Medical professors at Seoul National University hold up picket signs urging the government to suspend medical reform at the school’s campus in central Seoul on Monday. PHOTO: ANN/THE KOREA HERALD

The four institutions are Seoul National University Hospital in Seoul, Seoul National University Bundang Hospital, Seoul Metropolitan Government SNU Boramae Medical Center and SNUH Healthcare System Gangnam Centre.

When trainee doctors previously walked off the job, the operation rate of surgeries for three of the aforementioned hospitals combined fell to 62.7 per cent of the level beforehand. 

With further collective action his week, that number falls to 33.5 per cent, according to the emergency committee of medical professors at Seoul National University and Seoul National University Hospital.

However, the planned shutdown of operations does not include suspending medical services and operations for emergency cases, severely ill patients or those hospitalised, Kang said.

Instead, professors will ponder how to create a better medical system for the public and the country’s future, according to Kang.
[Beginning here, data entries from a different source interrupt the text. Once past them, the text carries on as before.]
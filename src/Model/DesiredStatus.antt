-- ===== src/Model/DesiredStatus.antt =====
-- internal/model/model.go: the values of `desired_status`.
use market_data_backend.Prelude.{String}

abbrev pub running : String
running = "running"

abbrev pub paused : String
paused = "paused"

abbrev pub disabled : String
disabled = "disabled"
To minimise the walkout’s impact, the government called on leaders of the hospitals to not authorise the strike and to consider requiring medical professors to compensate for losses sustained by the hospitals due to the collective action.
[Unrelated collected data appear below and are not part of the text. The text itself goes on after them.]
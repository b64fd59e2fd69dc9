-- ===== src/Security/Sessions.antt =====
-- src/security/SessionStore.hpp: the refresh sessions of each user. `prefix` is
-- `refresh_revocation_prefix`; a time to live is in seconds and not negative.
pub mod Revoked
mod Tests
use tarassov_me.Prelude.{
  ℕ, ◌*◌, Bool, true, false, not, ◌&&◌, ◌||◌, List, [], ◌∷◌, ◌++◌, Option, none, some, Str, codes,
  str_eq, map, if◌then◌else◌, is_empty,
}
use tarassov_me.Prelude.Int.{pos}
use tarassov_me.External.KeyValue.{KeyValue}
use tarassov_me.External.Sets.{Sets}
use tarassov_me.External.Remote.{M, clock, command, query, pure, ◌>>=◌, ◌>>◌, catching, attempt}
use tarassov_me.Cache.{set, get, del, del_keys, is_some, check_initialized}

module _ (prefix : Str) where
  unfoldable pub jti_key : Str → Str
  jti_key jti = prefix ++ jti

  unfoldable pub user_set_key : Str → Str
  user_set_key sub = prefix ++ (codes "user:" ++ sub)

  module _ (K : KeyValue) (S : Sets K) (up : Bool) where
    open K use {Db}
    open S use {members, sadd, srem, expire}

    unfoldable pub index_session : Str → Str → ℕ → M Db (Unit {0})
    index_session sub jti ttl = attempt (
        check_initialized K up
        >> (clock >>= λ now.
            command (sadd now (user_set_key sub) jti)
            >> command (expire now (user_set_key sub) ttl)))

    abbrev pub if_stored : Str → Str → ℕ → Bool → M Db Bool
    if_stored sub jti ttl stored =
        if stored then index_session sub jti ttl >> pure true else pure false

    -- `record` is a word of this language.
    unfoldable pub record_session : Str → Str → ℕ → M Db Bool
    record_session sub jti ttl =
        if not up
        then pure false
        else set K up (jti_key jti) sub (pos ttl) >>= if_stored sub jti ttl

    unfoldable pub is_live : Str → M Db Bool
    is_live jti =
        if not up
        then pure false
        else catching (get K up (jti_key jti) >>= λ v. pure (is_some K up v)) (pure false)

    abbrev pub unindex : Str → Option Str → M Db (Unit {0})
    unindex jti none = pure tt
    unindex jti (some sub) =
        if is_empty sub || str_eq sub (codes "1")
        then pure tt
        else attempt
            (check_initialized K up >> (clock >>= λ now. command (srem now (user_set_key sub) jti)))

    unfoldable pub revoke_jti : Str → M Db (Unit {0})
    revoke_jti jti =
        if not up
        then pure tt
        else attempt (get K up (jti_key jti) >>= λ sub. del K up (jti_key jti) >> unindex jti sub)

    abbrev pub keys_of : Str → List Str → List Str
    keys_of sub [] = user_set_key sub ∷ []
    keys_of sub (j ∷ js) = jti_key j ∷ keys_of sub js

    unfoldable pub revoke_all : Str → M Db (Unit {0})
    revoke_all sub =
        if not up
        then pure tt
        else attempt (
            check_initialized K up
            >> (clock >>= λ now. query (members now (user_set_key sub)))
            >>= λ js. del_keys K up (keys_of sub js) >> pure tt)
Seoul Metropolitan Police Agency Commissioner Cho Ji-ho also said police would take stern action by law against any illegal acts connected with the planned strike on Tuesday by the KMA and other doctors’ organisations.

The Health Ministry also filed a report against the KMA with the antitrust regulator on Monday, claiming its role in leading doctors’ strikes violates both criminal and health law.
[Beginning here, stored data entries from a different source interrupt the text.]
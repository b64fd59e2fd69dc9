-- ===== src/Security/Auth.antt =====
-- src/security/Auth.hpp: who a request is and what it may do; SessionCookies.hpp: where the access
-- token stands; Guards.hpp: the checks of the controllers. `attributes` holds the principal that
-- the middleware stamped. Times are an int64_t without its bounds, and claims are an object.
use Prim.Native.Nat.{bit_and}
use tarassov_me.Prelude.{
  ℕ, ◌-◌, ◌%◌, ◌^◌, Bool, true, false, not, ◌&&◌, ◌||◌, List, [], ◌∷◌, Option, none, some, Str,
  codes, str_eq, length, ltb, any, drop, ◌==◌, if◌then◌else◌, is_empty,
}
use tarassov_me.Prelude.Int.{ℤ, pos, negsuc, ◌+ℤ◌, ltb_ℤ}
use tarassov_me.External.Json.{JsonLib}
use tarassov_me.External.Signing.{Signing}
use tarassov_me.Utils.Strings.Prefix.{starts_with}
use tarassov_me.Security.Jwt.{Verdict, valid, refused, thrown, verify_hs256_jwt}

pub data AuthMode : Type 0 where
  no_auth bearer jwt : AuthMode

pub record CookieConfig : Type 0 where
  pub enabled : Bool
  pub access_name : Str
  pub refresh_name : Str

pub record AuthConfig : Type 0 where
  pub mode : AuthMode
  pub bearer_token : Str
  pub jwt_secret : Str
  pub jwt_issuer : Str
  pub jwt_audience : Str
  pub jwt_leeway_sec : ℤ
  pub jwt_roles_claim : Str
  pub jwt_scopes_claim : Str
  pub public_paths : List Str
  pub cookies : CookieConfig

pub record AuthPrincipal (Json : Type 0) : Type 0 where
  pub subject : Str
  pub roles : List Str
  pub scopes : List Str
  pub raw_claims : Json

unfoldable pub parse_mode : Str → AuthMode
parse_mode s =
    if str_eq s (codes "jwt") then jwt else if str_eq s (codes "bearer") then bearer else no_auth

-- The checks of `load_config_from_global`, with the message of the exception.
unfoldable pub check_config : AuthConfig → Option Str
check_config cfg = elim cfg.mode [
  | no_auth ↦ none
  | bearer ↦
      if is_empty cfg.bearer_token
      then some (codes "auth.mode=bearer but AUTH_BEARER_TOKEN is empty")
      else none
  | jwt ↦
      if is_empty cfg.jwt_secret
      then some (codes "auth.mode=jwt but JWT_SECRET is empty")
      else if ltb (length cfg.jwt_secret) 32
      then some (codes "auth.mode=jwt but JWT_SECRET is shorter than 32 chars")
      else none
]

-- The words between white space.
abbrev is_space : ℕ → Bool
is_space c = c == 32 || c == 9 || c == 10 || c == 11 || c == 12 || c == 13

abbrev add_to : ℕ → List Str → List Str
add_to c [] = (c ∷ []) ∷ []
add_to c (w ∷ ws) = (c ∷ w) ∷ ws

abbrev words_from : Str → List Str
words_from [] = [] ∷ []
words_from (c ∷ s) = let ws = words_from s in if is_space c then [] ∷ ws else add_to c ws

abbrev no_empty : List Str → List Str
no_empty [] = []
no_empty (w ∷ ws) = let rest = no_empty ws in if is_empty w then rest else w ∷ rest

abbrev words : Str → List Str
words s = no_empty (words_from s)

-- The token of a header that is longer than its scheme.
abbrev pub after_scheme : Str → Str → Option Str
after_scheme scheme header =
    if ltb (length scheme) (length header) && starts_with scheme header
    then some (drop (length scheme) header)
    else none

abbrev pub or_empty : Option Str → Str
or_empty none = []
or_empty (some s) = s

-- `header` and `cookie` read a request; a missing one is empty.
unfoldable pub extract_access_token : CookieConfig → (Str → Str) → (Str → Str) → Str
extract_access_token cookies header cookie =
    let from_header = or_empty (after_scheme (codes "Bearer ") (header (codes "Authorization"))) in
    if cookies.enabled && not (is_empty (cookie cookies.access_name))
    then cookie cookies.access_name
    else from_header

unfoldable pub extract_refresh_token : CookieConfig → (Str → Str) → Str
extract_refresh_token cookies cookie =
    if not cookies.enabled then [] else cookie cookies.refresh_name

abbrev pub admin_permission_bits : ℕ
admin_permission_bits = 1073741824

-- `static_cast<std::uint32_t>`
abbrev pub u32 : ℤ → ℕ
u32 (pos n) = n % 2 ^ 32
u32 (negsuc n) = 2 ^ 32 - 1 - n % 2 ^ 32

unfoldable pub has_bits : ℕ → ℕ → Bool
has_bits have perm =
    if bit_and have admin_permission_bits == admin_permission_bits
    then true
    else bit_and have perm == perm

module _ (J : JsonLib) (S : Signing J) where
  open J use {Json, find, get_text}
  open S use {get_integer, get_array}

  abbrev texts : List Json → List Str
  texts [] = []
  texts (j ∷ js) = let rest = texts js in elim (get_text j) [ none ↦ rest | some s ↦ s ∷ rest ]

  abbrev of_text : Option Str → List Str
  of_text none = []
  of_text (some s) = words s

  unfoldable pub extract_string_array : Json → List Str
  extract_string_array j = elim (get_array j) [ none ↦ of_text (get_text j) | some js ↦ texts js ]

  abbrev array_of : Option Json → List Str
  array_of none = []
  array_of (some j) = extract_string_array j

  abbrev integer_of : Option Json → Option ℤ
  integer_of none = none
  integer_of (some j) = get_integer j

  abbrev is_late : ℤ → ℤ → Option ℤ → Bool
  is_late now leeway none = false
  is_late now leeway (some exp) = ltb_ℤ (exp +ℤ leeway) now

  abbrev is_early : ℤ → ℤ → Option ℤ → Bool
  is_early now leeway none = false
  is_early now leeway (some nbf) = ltb_ℤ (now +ℤ leeway) nbf

  -- `value(key, "")`; another type throws.
  abbrev text_or_empty : Option Json → Option Str
  text_or_empty none = some []
  text_or_empty (some j) = get_text j

  abbrev with_text : {A : Type 0} → Option Str → (Str → Verdict A) → Verdict A
  with_text none k = thrown
  with_text (some s) k = k s

  abbrev audience_fits : Str → Option Json → Bool
  audience_fits aud none = false
  audience_fits aud (some j) = elim (get_text j) [
    | none ↦ elim (get_array j) [ none ↦ false | some js ↦ any (str_eq aud) (texts js) ]
    | some s ↦ str_eq s aud
  ]

  abbrev principal_from : AuthConfig → Json → Str → Verdict (AuthPrincipal Json)
  principal_from cfg claims sub = valid (record {
    subject = sub;
    roles = array_of (find cfg.jwt_roles_claim claims);
    scopes = array_of (find cfg.jwt_scopes_claim claims);
    raw_claims = claims;
  })

  abbrev with_audience : AuthConfig → Json → Verdict (AuthPrincipal Json)
  with_audience cfg claims =
      if not (is_empty cfg.jwt_audience)
        && not (audience_fits cfg.jwt_audience (find (codes "aud") claims))
      then refused (codes "bad_audience")
      else with_text (text_or_empty (find (codes "sub") claims)) (principal_from cfg claims)

  abbrev with_issuer : AuthConfig → Json → Verdict (AuthPrincipal Json)
  with_issuer cfg claims =
      if is_empty cfg.jwt_issuer
      then with_audience cfg claims
      else with_text (text_or_empty (find (codes "iss") claims)) λ iss.
        if str_eq iss cfg.jwt_issuer then with_audience cfg claims else refused (codes "bad_issuer")

  abbrev pub with_type : AuthConfig → ℤ → Json → Str → Verdict (AuthPrincipal Json)
  with_type cfg now claims typ =
      if str_eq typ (codes "refresh")
      then refused (codes "wrong_token_type")
      else if is_late now cfg.jwt_leeway_sec (integer_of (find (codes "exp") claims))
      then refused (codes "token_expired")
      else if is_early now cfg.jwt_leeway_sec (integer_of (find (codes "nbf") claims))
      then refused (codes "token_not_yet_valid")
      else with_issuer cfg claims

  abbrev pub with_claims : AuthConfig → ℤ → Verdict Json → Verdict (AuthPrincipal Json)
  with_claims cfg now (refused e) = refused e
  with_claims cfg now thrown = thrown
  with_claims cfg now (valid claims) =
      with_text (text_or_empty (find (codes "typ") claims)) (with_type cfg now claims)

  unfoldable pub verify_jwt : AuthConfig → ℤ → Str → Verdict (AuthPrincipal Json)
  verify_jwt cfg now token = with_claims cfg now (verify_hs256_jwt J S token cfg.jwt_secret)

  -- The guards: `none` lets the request on, and a refusal has its status.
  abbrev pub Attributes : Type 0
  Attributes = Option (AuthPrincipal Json)

  unfoldable pub has_role : Attributes → Str → Bool
  has_role none role = false
  has_role (some p) role = any (str_eq role) p.roles

  unfoldable pub has_any_role : Attributes → List Str → Bool
  has_any_role none roles = false
  has_any_role (some p) roles = any (λ want. any (str_eq want) p.roles) roles

  abbrev pub is_open : Option AuthConfig → Bool
  is_open none = true
  is_open (some cfg) = elim cfg.mode [ no_auth ↦ true | bearer ↦ false | jwt ↦ false ]

  unfoldable pub require_role : Option AuthConfig → Attributes → Str → Option ℕ
  require_role cfg a role = if is_open cfg || has_role a role then none else some 403

  unfoldable pub require_any_role : Option AuthConfig → Attributes → List Str → Option ℕ
  require_any_role cfg a roles = if is_open cfg || has_any_role a roles then none else some 403

  abbrev permissions_of : Option ℤ → ℕ
  permissions_of none = 0
  permissions_of (some n) = u32 n

  unfoldable pub current_permissions : Attributes → ℕ
  current_permissions none = 0
  current_permissions (some p) =
      permissions_of (integer_of (find (codes "permissions") p.raw_claims))

  unfoldable pub current_user_can : Attributes → ℕ → Bool
  current_user_can a perm = has_bits (current_permissions a) perm

  unfoldable pub current_user_is_admin : Attributes → Bool
  current_user_is_admin a = current_user_can a admin_permission_bits

  unfoldable pub require_permission : Option AuthConfig → Attributes → ℕ → Option ℕ
  require_permission cfg a perm = if is_open cfg || current_user_can a perm then none else some 403

  unfoldable pub require_admin : Option AuthConfig → Attributes → Option ℕ
  require_admin cfg a = require_permission cfg a admin_permission_bits

  -- API_REQUIRE_OWNER: the subject, or 401.
  unfoldable pub require_owner : Attributes → Option Str
  require_owner none = none
  require_owner (some p) = if is_empty p.subject then none else some p.subject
The country’s Fair Trade Act prohibits business associations from “unfairly restricting competition or limiting the activities of individuals.”

Despite doctors’ pleas, patients have been calling for their doctors to return, while public response remains lukewarm.

On the day of the walkout, the Korean Alliance of Patients Organisations urged the SNU professors to reverse their decision, criticizing them for using patients as leverage to pressure the government.

“It’s hard for patients to understand why the committee had to choose an indefinite strike to achieve their goals. Should nonurgent patients or those with mild illnesses receiving treatment at hospitals affiliated with SNU bear the brunt of the strike and feel anxiety?” the statement read.

Kwak Jae-gun, a professor specialising in pediatric thoracic and cardiovascular surgery at SNU, however, asked patients and their families to be patient, saying they were dealing with “life-and-death issues.”

“(Doctors) have done everything to stop the medical crisis, but the government keeps reiterating the same message like a parrot, vilifying doctors and saying we are raising a turf war for profit,” Kwak said, reading a letter to his patient.

“Seung-yeon’s mom and dad, please hold on just a little. There needs to be someone who should speak out on something when it’s wrong, especially when dealing with life-and-death issues,” Kwak added.

As the government struggles to bridge the gap between the medical community’s demands, which include revisiting the expansion plan and canceling all penalties against trainee doctors, Bang Jae-sung, a committee executive, added that the indefinite strike was a “last resort” to address the current medical crisis.

“Professors will do our best (to stop the situation). But if the government continues to ignore us until the very end and junior doctors and students reject the call to return, then that will be when we would have to kneel to the government and return to patients,” Bang noted.

Amid the intensifying medical standoff, walking off the job to protest against the government appears to be causing rifts within the medical community.

In a contribution sent to his colleagues on Monday, Hong Seung-bong, an epilepsy professor at Samsung Medical Center, urged doctors to return, saying that increasing the number of doctors by “one per cent” will not ruin the country’s health care system.

“The medical circle’s collective leave is tantamount to a death sentence for severely ill patients. … Putting patients’ lives in danger to prevent an increase of 1,509 slots in the medical school enrollment quota is something that should never be done.”